------ RECORDS SHOWN ------

-- ===== src/Tests/Inventory.antt =====
-- One warehouse with ten of one item, of which four are reserved.
use eclipse_erp.Base.{arith, ℕ, ◌+◌, ◌≡◌, refl, Bool, true, Option, none, some, [], ◌∷◌}
use eclipse_erp.Text.{Text, codes, text_eq, non_empty_string}
use eclipse_erp.Text.Decimal.{value, print}
use eclipse_erp.Dict.{lookup, insert, total}
use eclipse_erp.Authorization.Capabilities.{is_capability, capability_ids}
use eclipse_erp.Authorization.Service as Grants
use eclipse_erp.Base.Effect.{err}
use eclipse_erp.Dict.Unique.{IsUnique}
use eclipse_erp.Inventory.Data.{warehouse_already_exists}
use eclipse_erp.Authorization.Service.{
  Principal, GrantInput, membership_key, has_grant, add_grant, authorize, with_initial_grants,
}
use eclipse_erp.Sales.Orders.{is_quantity}
use eclipse_erp.Inventory.Data.{
  Balance, ReceiveStockInput, ReserveStockInput, ReservationInput, Transfer, CreateTransferInput,
  TransferInput, World, draft, confirmed,
}
use eclipse_erp.Text.{to_upper, trim}
use eclipse_erp.Dict.{values}
use eclipse_erp.Inventory.Data.{CreateWarehouseInput, CreateItemInput}
use eclipse_erp.Inventory.Register.{create_warehouse, create_item, store_item, unit_of}
use eclipse_erp.Inventory.Register.Unique.{IsRegister, create-IsRegister}
use eclipse_erp.Inventory.Service.{
  stock_key, permit, own_warehouse, own_item, mismatched, store_receipt, valid_receive,
  receive_stock, valid_reserve, reserve_mismatch, existing_reservation, same_request,
  store_reservation, reserve_stock, own_reservation, close_reservation, release_found,
  fulfill_found, release_reservation, fulfill_reservation,
}
use eclipse_erp.Inventory.Transfers.{
  valid_create_transfer, duplicate_item_of, store_transfer, create_transfer, own_transfer, is_short,
  take_lines, put_lines, confirm_found, confirm_transfer, complete_found, complete_transfer,
}
use eclipse_erp.Inventory.Transfers.Conserve.{are_distinct, stock, line_sum, transfers-conserve}
use eclipse_erp.Inventory.Reserved.{IsStocked}
use eclipse_erp.Inventory.Reserved.Operations.{operations-IsStocked}

abbrev ann : Principal
ann = record { user_account_id = codes "ann"; session_id = codes "s" }

abbrev may : Text → GrantInput
may capability = record {
  user_account_id = codes "ann";
  tenant_id = codes "t";
  capability = capability;
}

abbrev clerk : Grants.Store
clerk =
    with_initial_grants
      (may (codes "inventory.warehouse.create") ∷ (may (codes "inventory.item.create") ∷ []))
      (record { memberships = []; grants = [] })

abbrev empty : World
empty = record {
  authorization = clerk;
  warehouses = [];
  items = [];
  balances = [];
  reservations = [];
  reservation_ids = [];
  transfers = [];
}

abbrev hall : CreateWarehouseInput
hall = record {
  principal = ann;
  tenant_id = codes "t";
  legal_entity_id = codes "e";
  primary_branch_id = none;
  name = codes " Hall ";
}

abbrev bolt : CreateItemInput
bolt = record {
  principal = ann;
  tenant_id = codes "t";
  sku = codes "b-1";
  name = codes "Bolt";
  unit_of_measure = none;
}

abbrev one_hall : World
one_hall = (create_warehouse hall (codes "h") empty).1

abbrev bare : World
bare = record {
  authorization =
      with_initial_grants
        (may (codes "inventory.stock.receive")
          ∷ (may (codes "inventory.stock.reserve")
              ∷ (may (codes "inventory.stock.release")
                  ∷ (may (codes "inventory.stock.fulfill")
                      ∷ (may (codes "inventory.stock_transfer.create")
                          ∷ (may (codes "inventory.stock_transfer.confirm")
                              ∷ (may (codes "inventory.stock_transfer.complete") ∷ [])))))))
        (record { memberships = []; grants = [] });
  warehouses =
      (
        codes "w",
        record {
          id = codes "w";
          tenant_id = codes "t";
          legal_entity_id = codes "e";
          primary_branch_id = none;
          name = codes "Main";
        },
      )
      ∷ ((
        codes "w2",
        record {
          id = codes "w2";
          tenant_id = codes "t";
          legal_entity_id = codes "e";
          primary_branch_id = none;
          name = codes "Second";
        },
      )
          ∷ []);
  items =
      (
        codes "i",
        record {
          id = codes "i";
          tenant_id = codes "t";
          sku = codes "SKU";
          name = codes "Item";
          unit_of_measure = codes "EA";
        },
      )
      ∷ [];
  balances = [];
  reservations = [];
  reservation_ids = [];
  transfers = [];
}

abbrev any_uuid : Text → Bool
any_uuid s = true

abbrev receipt : ReceiveStockInput
receipt = record {
  principal = ann;
  tenant_id = codes "t";
  warehouse_id = codes "w";
  item_id = codes "i";
  quantity = codes "10";
  legal_entity_id = some (codes "e");
  reference_id = none;
}

abbrev reserve : Text → ReserveStockInput
reserve quantity = record {
  principal = ann;
  tenant_id = codes "t";
  warehouse_id = codes "w";
  item_id = codes "i";
  quantity = quantity;
  legal_entity_id = none;
  idempotency_key = some (codes "k");
}

abbrev first : ReservationInput
first = record { principal = ann; tenant_id = codes "t"; reservation_id = codes "r1" }

abbrev stocked : World
stocked = (receive_stock any_uuid receipt bare).1

abbrev held : World
held = (reserve_stock (reserve (codes "4")) (codes "r1") stocked).1

running : ℕ
unfolding with_initial_grants receive_stock valid_receive store_receipt own_warehouse own_item
    mismatched reserve_stock valid_reserve reserve_mismatch existing_reservation same_request
    store_reservation release_reservation fulfill_reservation own_reservation release_found
    fulfill_found close_reservation stock_key permit authorize is_capability capability_ids
    membership_key has_grant add_grant lookup insert text_eq value print is_quantity
    non_empty_string create_transfer valid_create_transfer are_distinct duplicate_item_of
    store_transfer own_transfer is_short take_lines put_lines confirm_found confirm_transfer
    complete_found complete_transfer
running = 0

abbrev balance : World → Option Balance
balance w = lookup (stock_key (codes "t") (codes "w") (codes "i")) w.balances

-- The name is taken, and the SKU is not.
registered_test :
    ((create_warehouse hall (codes "h2") one_hall).0
      ≡ err (warehouse_already_exists (codes "t") (codes "Hall")))
    × (lookup (codes "b") (create_item to_upper bolt (codes "b") one_hall).1.items
        ≡ some (record {
          id = codes "b";
          tenant_id = codes "t";
          sku = codes "B-1";
          name = codes "Bolt";
          unit_of_measure = codes "EA";
        }))
unfolding running create_warehouse values trim create_item unit_of store_item to_upper
registered_test = (refl, refl)

empty-IsRegister : IsRegister empty
unfolding IsRegister IsUnique lookup
empty-IsRegister =
    (λ a b x y f g s. absurd (ground (arith, f)), λ a b x y f g s. absurd (ground (arith, f)))

one_hall-IsRegister : IsRegister one_hall
one_hall-IsRegister = (create-IsRegister to_upper hall bolt (codes "h") empty empty-IsRegister).0

abbrev depot : CreateWarehouseInput
depot = record hall { name = codes "Depot" }

create-IsRegister_example :
    IsRegister (create_warehouse depot (codes "d") one_hall).1
    × IsRegister (create_item to_upper bolt (codes "d") one_hall).1
create-IsRegister_example =
    create-IsRegister to_upper depot bolt (codes "d") one_hall one_hall-IsRegister

held_test : balance held ≡ some (record { on_hand = 10; reserved = 4 })
unfolding running
held_test = refl

fulfilled_test :
    balance (fulfill_reservation first held).1 ≡ some (record { on_hand = 6; reserved = 0 })
unfolding running
fulfilled_test = refl

released_test :
    balance (release_reservation first held).1 ≡ some (record { on_hand = 10; reserved = 0 })
unfolding running
released_test = refl

bare-IsStocked : IsStocked bare
unfolding lookup total
bare-IsStocked = record { claimed = λ b. refl; within = λ b. refl; keyed = refl }

-- The reservation ids that are free before and after the first.
free : lookup (codes "r1") stocked.reservations ≡ none
unfolding running
free = refl

free_bare : lookup (codes "r1") bare.reservations ≡ none
unfolding running
free_bare = refl

free_held : lookup (codes "r2") held.reservations ≡ none
unfolding running
free_held = refl

stocked-IsStocked : IsStocked stocked
stocked-IsStocked =
    (operations-IsStocked bare any_uuid receipt (reserve (codes "4")) (codes "r1") first
      bare-IsStocked free_bare).0

held-IsStocked : IsStocked held
held-IsStocked =
    (operations-IsStocked stocked any_uuid receipt (reserve (codes "4")) (codes "r1") first
      stocked-IsStocked free).1

operations-IsStocked_example :
    IsStocked (receive_stock any_uuid receipt held).1
    × IsStocked (reserve_stock (reserve (codes "3")) (codes "r2") held).1
    × IsStocked (release_reservation first held).1
    × IsStocked (fulfill_reservation first held).1
operations-IsStocked_example =
    operations-IsStocked held any_uuid receipt (reserve (codes "3")) (codes "r2") first
      held-IsStocked free_held

-- Three of the item move to the second warehouse.
abbrev moving : CreateTransferInput
moving = record {
  principal = ann;
  tenant_id = codes "t";
  source_warehouse_id = codes "w";
  destination_warehouse_id = codes "w2";
  lines = (record { item_id = codes "i"; quantity = codes "3" }) ∷ [];
}

abbrev moved : TransferInput
moved = record { principal = ann; tenant_id = codes "t"; transfer_id = codes "m1" }

abbrev drafted : World
drafted = (create_transfer moving (codes "m1") held).1

abbrev taken : World
taken = (confirm_transfer moved (codes "now") drafted).1

abbrev arrived : World
arrived = (complete_transfer moved (codes "later") taken).1

arrived_test :
    (lookup (stock_key (codes "t") (codes "w2") (codes "i")) arrived.balances
      ≡ some (record { on_hand = 3; reserved = 0 }))
    × (balance arrived ≡ some (record { on_hand = 7; reserved = 4 }))
unfolding running
arrived_test = (refl, refl)

-- The transfer before it is confirmed, and after.
abbrev draft_transfer : Transfer
draft_transfer = record {
  id = codes "m1";
  tenant_id = codes "t";
  legal_entity_id = codes "e";
  source_warehouse_id = codes "w";
  destination_warehouse_id = codes "w2";
  status = draft;
  confirmed_at = none;
  completed_at = none;
  lines = moving.lines;
}

abbrev confirmed_transfer : Transfer
confirmed_transfer = record draft_transfer { status = confirmed; confirmed_at = some (codes "now") }

transfers-conserve_example :
    (stock taken.balances + line_sum moving.lines ≡ stock drafted.balances)
    × (stock arrived.balances ≡ stock taken.balances + line_sum moving.lines)
unfolding running
transfers-conserve_example =
    transfers-conserve moved moved draft_transfer confirmed_transfer (codes "now") (codes "later")
      drafted taken refl refl refl refl refl refl refl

------

WHAT IS BEING ASKED:
Looking at the entries above, say how many lines hold the word "clerk". Offer no other text.

OUTPUT BELOW:
3